#### Extracted records
▬▬▬

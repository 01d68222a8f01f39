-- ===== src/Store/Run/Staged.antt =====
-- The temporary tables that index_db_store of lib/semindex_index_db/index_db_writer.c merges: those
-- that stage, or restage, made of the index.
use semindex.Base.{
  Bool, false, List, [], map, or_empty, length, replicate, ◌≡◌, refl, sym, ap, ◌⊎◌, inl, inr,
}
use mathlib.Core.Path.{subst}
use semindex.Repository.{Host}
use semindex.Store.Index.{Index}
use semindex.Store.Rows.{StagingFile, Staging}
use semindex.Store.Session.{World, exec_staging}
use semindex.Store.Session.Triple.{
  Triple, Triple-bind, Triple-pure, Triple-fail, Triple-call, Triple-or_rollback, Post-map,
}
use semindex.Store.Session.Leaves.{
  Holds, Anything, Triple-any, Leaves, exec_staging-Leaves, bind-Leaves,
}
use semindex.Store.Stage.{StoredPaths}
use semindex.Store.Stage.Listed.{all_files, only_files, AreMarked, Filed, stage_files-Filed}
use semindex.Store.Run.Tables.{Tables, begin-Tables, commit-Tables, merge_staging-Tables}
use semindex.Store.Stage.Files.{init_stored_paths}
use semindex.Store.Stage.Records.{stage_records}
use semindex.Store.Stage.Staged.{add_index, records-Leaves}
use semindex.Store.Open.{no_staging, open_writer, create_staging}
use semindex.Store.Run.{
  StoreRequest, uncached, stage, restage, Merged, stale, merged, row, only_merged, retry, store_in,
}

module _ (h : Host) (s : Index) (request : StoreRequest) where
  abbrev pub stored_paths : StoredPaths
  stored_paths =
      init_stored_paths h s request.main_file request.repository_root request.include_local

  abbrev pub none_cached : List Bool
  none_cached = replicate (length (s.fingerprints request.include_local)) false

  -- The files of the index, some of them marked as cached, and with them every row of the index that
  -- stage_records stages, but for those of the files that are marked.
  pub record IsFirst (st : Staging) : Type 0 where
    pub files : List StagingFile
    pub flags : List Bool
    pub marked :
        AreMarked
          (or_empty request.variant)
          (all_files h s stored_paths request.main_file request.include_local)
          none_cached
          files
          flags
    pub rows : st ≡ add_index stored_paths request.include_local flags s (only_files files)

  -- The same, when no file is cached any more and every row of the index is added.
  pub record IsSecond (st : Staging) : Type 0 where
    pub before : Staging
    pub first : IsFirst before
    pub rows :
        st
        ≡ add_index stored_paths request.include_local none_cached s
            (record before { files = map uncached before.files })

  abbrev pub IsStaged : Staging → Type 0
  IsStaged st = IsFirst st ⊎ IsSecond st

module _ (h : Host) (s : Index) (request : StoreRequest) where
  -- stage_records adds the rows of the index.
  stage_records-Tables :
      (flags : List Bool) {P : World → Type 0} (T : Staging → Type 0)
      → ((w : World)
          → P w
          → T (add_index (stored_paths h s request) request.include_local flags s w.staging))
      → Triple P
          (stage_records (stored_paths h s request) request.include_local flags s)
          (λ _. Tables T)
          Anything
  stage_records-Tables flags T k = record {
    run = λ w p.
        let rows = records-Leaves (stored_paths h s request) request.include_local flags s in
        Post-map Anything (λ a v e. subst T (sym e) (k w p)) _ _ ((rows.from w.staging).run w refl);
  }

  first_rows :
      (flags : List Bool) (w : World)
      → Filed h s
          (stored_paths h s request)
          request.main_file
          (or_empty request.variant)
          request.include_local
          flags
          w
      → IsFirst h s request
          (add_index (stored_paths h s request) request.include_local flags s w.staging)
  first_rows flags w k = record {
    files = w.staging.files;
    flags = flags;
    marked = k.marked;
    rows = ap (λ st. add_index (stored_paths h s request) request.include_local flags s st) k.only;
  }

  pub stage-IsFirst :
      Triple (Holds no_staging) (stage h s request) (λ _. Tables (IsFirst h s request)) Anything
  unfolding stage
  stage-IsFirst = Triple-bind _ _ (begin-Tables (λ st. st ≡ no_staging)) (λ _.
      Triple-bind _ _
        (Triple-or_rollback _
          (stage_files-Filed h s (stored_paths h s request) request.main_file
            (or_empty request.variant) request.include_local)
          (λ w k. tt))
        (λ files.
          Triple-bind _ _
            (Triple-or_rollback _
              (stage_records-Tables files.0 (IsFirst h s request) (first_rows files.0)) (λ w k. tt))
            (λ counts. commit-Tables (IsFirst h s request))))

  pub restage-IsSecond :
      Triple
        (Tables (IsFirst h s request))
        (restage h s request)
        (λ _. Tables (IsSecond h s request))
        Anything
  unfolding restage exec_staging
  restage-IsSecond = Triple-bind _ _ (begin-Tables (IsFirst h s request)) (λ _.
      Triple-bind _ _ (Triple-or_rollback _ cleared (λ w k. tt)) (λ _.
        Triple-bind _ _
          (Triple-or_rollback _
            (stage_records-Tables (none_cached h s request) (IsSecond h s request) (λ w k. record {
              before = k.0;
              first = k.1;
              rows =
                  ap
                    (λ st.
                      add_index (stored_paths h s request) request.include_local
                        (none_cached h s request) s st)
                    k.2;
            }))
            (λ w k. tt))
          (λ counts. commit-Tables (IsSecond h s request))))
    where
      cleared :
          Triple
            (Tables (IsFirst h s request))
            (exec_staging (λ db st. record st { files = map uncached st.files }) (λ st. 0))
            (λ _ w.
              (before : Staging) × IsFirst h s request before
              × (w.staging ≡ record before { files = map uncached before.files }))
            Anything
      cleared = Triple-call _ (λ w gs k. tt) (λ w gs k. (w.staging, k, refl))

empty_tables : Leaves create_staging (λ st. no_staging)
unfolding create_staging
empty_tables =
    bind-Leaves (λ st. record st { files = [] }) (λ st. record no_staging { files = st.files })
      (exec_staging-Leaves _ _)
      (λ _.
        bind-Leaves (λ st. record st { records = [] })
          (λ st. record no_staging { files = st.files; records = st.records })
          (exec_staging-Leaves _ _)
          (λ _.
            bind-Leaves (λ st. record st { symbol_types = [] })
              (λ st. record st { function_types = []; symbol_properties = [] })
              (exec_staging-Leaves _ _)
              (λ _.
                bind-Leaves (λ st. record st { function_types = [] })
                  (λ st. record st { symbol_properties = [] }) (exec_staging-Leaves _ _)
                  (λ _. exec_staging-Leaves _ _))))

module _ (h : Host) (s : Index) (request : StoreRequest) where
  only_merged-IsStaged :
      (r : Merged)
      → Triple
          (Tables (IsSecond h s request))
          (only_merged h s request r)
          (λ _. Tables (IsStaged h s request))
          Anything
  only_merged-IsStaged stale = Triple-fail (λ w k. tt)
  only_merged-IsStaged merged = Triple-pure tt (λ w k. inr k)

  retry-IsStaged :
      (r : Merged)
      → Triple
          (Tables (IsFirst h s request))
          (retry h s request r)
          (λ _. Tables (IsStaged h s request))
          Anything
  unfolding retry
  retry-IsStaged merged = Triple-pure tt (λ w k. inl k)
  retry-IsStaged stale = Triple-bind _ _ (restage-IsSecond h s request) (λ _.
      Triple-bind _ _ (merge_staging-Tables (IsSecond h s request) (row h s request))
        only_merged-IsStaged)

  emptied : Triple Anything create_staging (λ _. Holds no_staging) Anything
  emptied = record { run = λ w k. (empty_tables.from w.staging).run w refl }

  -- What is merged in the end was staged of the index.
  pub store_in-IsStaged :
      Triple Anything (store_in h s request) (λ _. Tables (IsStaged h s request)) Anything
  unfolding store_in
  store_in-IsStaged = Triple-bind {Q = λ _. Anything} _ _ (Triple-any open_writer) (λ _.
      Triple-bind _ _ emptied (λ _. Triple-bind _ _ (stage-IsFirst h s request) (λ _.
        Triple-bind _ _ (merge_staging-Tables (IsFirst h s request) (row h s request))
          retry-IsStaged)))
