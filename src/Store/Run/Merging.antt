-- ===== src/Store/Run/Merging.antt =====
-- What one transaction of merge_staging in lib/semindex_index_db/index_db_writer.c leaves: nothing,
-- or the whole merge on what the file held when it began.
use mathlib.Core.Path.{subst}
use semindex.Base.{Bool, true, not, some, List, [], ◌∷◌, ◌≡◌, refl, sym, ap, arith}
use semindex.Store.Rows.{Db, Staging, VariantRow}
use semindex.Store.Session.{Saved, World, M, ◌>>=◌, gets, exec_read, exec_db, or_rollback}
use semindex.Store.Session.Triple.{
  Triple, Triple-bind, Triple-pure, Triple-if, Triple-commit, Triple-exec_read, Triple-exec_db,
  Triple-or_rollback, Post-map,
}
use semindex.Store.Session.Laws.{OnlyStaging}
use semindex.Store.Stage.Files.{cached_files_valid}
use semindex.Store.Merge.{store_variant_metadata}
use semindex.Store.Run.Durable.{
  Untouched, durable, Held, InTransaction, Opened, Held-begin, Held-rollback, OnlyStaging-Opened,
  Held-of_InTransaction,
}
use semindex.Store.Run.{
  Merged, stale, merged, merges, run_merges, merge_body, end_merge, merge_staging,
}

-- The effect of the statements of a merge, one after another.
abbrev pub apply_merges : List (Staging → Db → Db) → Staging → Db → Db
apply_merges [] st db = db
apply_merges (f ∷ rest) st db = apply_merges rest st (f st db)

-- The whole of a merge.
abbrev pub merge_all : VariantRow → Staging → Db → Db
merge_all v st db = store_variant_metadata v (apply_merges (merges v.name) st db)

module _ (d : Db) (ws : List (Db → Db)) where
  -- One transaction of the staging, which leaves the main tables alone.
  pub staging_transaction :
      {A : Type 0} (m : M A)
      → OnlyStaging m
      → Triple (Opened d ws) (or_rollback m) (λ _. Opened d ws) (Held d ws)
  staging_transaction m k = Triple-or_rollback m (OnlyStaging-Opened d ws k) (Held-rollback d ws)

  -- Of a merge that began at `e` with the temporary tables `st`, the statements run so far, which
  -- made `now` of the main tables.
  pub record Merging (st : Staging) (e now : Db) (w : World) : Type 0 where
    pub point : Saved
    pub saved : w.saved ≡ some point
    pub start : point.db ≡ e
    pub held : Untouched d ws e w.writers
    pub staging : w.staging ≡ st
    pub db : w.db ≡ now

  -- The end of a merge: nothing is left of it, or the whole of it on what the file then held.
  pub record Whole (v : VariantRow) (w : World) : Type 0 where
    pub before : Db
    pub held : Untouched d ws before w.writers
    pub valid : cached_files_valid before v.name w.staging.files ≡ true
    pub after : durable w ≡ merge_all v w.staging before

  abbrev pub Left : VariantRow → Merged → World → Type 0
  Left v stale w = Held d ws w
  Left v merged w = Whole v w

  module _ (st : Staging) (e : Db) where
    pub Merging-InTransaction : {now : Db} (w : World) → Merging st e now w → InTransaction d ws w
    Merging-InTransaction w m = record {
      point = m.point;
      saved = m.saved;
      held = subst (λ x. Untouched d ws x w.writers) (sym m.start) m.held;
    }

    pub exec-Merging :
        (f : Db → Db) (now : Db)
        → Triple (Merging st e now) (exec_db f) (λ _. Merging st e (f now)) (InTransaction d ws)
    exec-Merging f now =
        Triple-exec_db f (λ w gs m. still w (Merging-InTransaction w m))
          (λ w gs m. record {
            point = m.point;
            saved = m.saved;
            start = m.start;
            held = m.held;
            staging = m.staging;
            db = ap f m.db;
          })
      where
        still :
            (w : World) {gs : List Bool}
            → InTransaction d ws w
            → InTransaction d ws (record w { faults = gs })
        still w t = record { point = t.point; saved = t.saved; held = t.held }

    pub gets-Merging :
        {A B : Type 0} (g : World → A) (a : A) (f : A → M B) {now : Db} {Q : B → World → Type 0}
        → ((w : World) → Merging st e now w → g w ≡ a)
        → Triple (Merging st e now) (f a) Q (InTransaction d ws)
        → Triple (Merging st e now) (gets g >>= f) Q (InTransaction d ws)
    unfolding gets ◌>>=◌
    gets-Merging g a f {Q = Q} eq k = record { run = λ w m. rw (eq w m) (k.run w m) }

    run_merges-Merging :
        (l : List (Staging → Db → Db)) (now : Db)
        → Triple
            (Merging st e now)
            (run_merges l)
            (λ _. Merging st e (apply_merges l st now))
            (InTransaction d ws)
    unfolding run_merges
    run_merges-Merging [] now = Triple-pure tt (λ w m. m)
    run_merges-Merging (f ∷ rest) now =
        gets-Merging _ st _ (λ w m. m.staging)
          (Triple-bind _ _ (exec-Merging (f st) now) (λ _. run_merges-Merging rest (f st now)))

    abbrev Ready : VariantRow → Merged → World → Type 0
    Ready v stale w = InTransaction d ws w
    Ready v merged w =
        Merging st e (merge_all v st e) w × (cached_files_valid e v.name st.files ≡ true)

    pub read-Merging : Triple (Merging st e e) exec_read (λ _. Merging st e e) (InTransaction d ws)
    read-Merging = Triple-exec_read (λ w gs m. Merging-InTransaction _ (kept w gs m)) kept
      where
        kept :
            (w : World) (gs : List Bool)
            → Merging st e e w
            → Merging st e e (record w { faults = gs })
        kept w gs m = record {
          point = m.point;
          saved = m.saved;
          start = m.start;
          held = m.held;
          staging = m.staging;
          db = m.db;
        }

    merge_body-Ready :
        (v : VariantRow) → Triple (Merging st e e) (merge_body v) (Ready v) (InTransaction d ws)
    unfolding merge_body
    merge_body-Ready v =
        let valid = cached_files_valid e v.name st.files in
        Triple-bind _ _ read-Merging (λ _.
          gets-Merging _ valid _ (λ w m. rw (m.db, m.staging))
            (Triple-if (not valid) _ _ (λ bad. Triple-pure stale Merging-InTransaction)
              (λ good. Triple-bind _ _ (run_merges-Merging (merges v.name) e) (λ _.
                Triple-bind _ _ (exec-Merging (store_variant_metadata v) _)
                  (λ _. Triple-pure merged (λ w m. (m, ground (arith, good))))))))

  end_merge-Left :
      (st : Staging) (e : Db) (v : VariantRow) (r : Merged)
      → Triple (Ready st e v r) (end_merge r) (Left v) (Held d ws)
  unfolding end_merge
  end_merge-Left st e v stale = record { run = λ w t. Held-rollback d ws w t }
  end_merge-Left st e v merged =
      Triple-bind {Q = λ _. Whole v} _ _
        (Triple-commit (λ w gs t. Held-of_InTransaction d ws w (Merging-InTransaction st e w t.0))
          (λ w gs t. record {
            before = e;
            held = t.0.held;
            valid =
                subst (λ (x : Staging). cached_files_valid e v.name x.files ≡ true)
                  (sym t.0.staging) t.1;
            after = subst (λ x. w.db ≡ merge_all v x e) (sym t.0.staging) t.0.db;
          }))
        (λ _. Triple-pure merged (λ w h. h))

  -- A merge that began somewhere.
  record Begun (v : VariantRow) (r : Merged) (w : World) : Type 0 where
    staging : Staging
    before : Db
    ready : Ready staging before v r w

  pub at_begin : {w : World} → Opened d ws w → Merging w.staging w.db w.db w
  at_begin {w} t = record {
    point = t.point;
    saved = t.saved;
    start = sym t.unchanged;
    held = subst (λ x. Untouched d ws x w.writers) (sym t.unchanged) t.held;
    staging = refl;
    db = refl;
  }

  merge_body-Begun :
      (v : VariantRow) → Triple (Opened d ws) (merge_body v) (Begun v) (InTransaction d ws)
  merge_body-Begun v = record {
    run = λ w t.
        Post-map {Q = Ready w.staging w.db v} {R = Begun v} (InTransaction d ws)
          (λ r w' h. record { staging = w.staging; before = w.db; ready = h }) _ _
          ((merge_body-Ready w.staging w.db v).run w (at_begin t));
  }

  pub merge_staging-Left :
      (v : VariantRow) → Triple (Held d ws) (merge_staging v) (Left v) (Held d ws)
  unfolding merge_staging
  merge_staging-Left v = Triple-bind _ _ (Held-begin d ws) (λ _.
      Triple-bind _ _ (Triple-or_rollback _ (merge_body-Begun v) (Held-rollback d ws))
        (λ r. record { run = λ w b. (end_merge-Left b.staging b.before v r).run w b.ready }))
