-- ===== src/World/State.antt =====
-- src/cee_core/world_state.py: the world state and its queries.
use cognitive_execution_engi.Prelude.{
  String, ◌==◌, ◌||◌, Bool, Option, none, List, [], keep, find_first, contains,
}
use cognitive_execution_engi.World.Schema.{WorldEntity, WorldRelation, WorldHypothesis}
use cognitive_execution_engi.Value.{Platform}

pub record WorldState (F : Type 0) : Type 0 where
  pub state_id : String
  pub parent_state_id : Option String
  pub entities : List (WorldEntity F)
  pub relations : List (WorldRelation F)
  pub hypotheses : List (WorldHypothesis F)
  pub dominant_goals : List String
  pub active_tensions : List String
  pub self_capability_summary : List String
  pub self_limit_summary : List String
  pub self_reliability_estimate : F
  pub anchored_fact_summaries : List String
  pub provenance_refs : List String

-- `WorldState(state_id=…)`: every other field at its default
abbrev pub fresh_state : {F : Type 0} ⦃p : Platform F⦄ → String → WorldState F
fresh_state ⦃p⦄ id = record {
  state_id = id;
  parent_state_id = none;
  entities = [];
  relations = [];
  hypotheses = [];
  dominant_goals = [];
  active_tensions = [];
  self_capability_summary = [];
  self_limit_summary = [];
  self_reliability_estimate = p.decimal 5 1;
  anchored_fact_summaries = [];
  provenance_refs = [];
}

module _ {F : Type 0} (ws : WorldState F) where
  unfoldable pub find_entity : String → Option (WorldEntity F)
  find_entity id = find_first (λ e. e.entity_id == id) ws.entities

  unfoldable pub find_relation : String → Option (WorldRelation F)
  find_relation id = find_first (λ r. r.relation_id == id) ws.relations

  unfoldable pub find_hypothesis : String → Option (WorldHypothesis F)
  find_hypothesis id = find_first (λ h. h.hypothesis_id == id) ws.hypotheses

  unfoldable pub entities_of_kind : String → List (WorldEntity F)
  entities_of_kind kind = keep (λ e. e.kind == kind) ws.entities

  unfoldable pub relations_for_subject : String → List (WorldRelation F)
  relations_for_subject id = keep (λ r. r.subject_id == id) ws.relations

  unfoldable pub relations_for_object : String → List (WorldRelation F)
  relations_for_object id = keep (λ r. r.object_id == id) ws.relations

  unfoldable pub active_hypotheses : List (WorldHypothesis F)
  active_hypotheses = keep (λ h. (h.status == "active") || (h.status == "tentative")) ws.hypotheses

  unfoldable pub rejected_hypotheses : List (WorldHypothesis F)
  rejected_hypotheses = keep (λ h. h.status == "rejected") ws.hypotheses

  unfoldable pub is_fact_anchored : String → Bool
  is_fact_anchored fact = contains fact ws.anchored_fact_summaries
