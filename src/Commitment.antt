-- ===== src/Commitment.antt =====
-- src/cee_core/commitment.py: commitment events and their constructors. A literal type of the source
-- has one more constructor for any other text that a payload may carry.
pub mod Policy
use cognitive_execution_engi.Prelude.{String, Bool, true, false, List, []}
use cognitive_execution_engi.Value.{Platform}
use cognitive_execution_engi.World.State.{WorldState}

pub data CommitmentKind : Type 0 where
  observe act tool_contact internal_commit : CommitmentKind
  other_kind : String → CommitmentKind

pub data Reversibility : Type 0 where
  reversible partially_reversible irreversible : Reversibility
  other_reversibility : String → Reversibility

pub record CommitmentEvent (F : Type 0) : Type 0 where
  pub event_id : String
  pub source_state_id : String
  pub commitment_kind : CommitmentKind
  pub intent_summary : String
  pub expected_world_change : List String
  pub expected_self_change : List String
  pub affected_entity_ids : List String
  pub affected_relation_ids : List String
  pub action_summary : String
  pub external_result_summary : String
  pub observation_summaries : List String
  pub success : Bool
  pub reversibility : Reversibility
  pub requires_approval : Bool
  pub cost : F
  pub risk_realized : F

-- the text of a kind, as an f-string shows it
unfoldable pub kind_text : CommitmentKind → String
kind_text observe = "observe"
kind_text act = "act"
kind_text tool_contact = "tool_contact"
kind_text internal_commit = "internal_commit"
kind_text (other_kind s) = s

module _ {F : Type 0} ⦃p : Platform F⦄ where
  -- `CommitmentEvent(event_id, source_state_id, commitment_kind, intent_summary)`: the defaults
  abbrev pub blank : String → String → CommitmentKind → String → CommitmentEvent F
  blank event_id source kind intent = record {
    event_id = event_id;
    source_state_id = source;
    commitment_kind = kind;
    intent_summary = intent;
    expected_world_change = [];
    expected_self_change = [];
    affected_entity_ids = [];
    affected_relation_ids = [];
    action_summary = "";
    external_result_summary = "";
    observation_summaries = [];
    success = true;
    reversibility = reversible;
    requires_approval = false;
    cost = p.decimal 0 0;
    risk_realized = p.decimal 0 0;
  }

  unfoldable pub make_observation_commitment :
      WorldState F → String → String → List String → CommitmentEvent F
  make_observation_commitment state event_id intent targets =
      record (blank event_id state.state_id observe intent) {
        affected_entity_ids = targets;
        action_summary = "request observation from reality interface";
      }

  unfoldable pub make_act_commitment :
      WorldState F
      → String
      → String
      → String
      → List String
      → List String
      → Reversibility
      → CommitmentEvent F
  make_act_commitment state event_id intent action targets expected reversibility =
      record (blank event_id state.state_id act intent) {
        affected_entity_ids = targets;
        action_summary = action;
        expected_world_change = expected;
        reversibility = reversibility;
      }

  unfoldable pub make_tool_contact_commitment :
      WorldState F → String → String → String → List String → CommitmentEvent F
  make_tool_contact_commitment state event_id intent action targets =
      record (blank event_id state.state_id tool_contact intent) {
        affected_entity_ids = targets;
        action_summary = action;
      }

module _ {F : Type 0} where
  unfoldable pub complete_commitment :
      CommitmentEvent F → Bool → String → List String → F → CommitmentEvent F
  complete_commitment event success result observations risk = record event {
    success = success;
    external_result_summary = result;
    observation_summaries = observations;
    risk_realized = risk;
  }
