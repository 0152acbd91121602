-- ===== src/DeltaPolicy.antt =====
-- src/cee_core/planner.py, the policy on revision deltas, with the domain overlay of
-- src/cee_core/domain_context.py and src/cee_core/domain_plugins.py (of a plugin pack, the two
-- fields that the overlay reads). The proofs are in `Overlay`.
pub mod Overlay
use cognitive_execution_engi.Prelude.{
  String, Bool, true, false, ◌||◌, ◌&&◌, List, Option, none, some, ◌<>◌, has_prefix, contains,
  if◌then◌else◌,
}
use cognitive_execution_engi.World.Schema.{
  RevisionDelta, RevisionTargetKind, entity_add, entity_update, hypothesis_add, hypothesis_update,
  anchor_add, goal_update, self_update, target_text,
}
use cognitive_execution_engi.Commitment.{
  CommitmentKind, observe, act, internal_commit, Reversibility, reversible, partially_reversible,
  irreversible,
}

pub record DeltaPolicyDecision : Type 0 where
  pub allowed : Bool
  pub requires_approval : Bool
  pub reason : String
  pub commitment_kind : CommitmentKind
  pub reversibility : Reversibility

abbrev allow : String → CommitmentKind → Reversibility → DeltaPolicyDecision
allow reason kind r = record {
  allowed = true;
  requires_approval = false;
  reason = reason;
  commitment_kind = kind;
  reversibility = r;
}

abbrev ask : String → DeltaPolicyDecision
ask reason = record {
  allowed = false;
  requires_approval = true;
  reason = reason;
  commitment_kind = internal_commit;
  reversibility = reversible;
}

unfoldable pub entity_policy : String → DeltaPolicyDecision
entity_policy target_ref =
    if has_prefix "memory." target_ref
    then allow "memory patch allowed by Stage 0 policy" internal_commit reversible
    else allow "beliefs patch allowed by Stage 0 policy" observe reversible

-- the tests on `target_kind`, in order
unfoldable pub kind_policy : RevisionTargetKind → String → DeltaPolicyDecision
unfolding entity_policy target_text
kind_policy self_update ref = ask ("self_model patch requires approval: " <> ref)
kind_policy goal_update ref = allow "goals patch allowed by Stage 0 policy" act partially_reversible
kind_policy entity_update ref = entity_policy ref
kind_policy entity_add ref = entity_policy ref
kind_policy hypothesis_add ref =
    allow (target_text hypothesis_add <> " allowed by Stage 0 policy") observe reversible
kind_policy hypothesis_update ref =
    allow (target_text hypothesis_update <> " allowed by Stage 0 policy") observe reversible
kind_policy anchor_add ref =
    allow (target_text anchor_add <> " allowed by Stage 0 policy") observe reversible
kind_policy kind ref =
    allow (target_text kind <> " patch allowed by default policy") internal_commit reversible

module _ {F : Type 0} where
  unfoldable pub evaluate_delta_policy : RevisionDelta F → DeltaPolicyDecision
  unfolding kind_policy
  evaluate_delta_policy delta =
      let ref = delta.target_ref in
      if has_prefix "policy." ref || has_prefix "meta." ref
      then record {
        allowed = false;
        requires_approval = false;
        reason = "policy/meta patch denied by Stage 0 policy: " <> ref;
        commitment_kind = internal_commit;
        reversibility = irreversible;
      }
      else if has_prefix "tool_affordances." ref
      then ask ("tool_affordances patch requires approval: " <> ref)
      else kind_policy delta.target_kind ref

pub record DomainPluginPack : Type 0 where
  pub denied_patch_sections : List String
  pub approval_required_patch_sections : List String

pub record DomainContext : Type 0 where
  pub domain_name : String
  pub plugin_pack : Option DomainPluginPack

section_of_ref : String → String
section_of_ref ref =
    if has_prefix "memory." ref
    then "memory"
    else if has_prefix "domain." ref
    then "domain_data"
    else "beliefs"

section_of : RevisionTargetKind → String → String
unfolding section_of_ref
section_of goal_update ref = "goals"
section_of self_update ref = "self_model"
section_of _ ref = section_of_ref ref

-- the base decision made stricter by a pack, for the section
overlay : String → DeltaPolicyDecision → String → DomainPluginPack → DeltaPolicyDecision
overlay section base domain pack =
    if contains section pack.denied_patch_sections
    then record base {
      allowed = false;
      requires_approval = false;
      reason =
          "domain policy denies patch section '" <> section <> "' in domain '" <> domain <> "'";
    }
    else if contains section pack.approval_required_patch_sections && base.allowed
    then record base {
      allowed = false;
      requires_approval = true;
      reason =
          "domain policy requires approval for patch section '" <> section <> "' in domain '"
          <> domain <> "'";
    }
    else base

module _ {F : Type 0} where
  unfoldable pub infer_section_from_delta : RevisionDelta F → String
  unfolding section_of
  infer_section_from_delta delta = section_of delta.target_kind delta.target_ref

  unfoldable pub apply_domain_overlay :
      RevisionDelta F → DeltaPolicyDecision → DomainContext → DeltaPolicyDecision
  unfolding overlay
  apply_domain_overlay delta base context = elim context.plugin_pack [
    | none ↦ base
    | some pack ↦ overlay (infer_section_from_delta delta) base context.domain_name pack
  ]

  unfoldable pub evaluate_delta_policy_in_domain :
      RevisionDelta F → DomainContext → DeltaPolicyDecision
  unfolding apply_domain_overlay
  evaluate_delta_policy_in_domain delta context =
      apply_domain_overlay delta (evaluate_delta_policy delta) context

▬▬▬

#### What the task requires
Please give the number of lines above in which the word "VariantRow" appears, without any other text.

#### Answer to this problem
10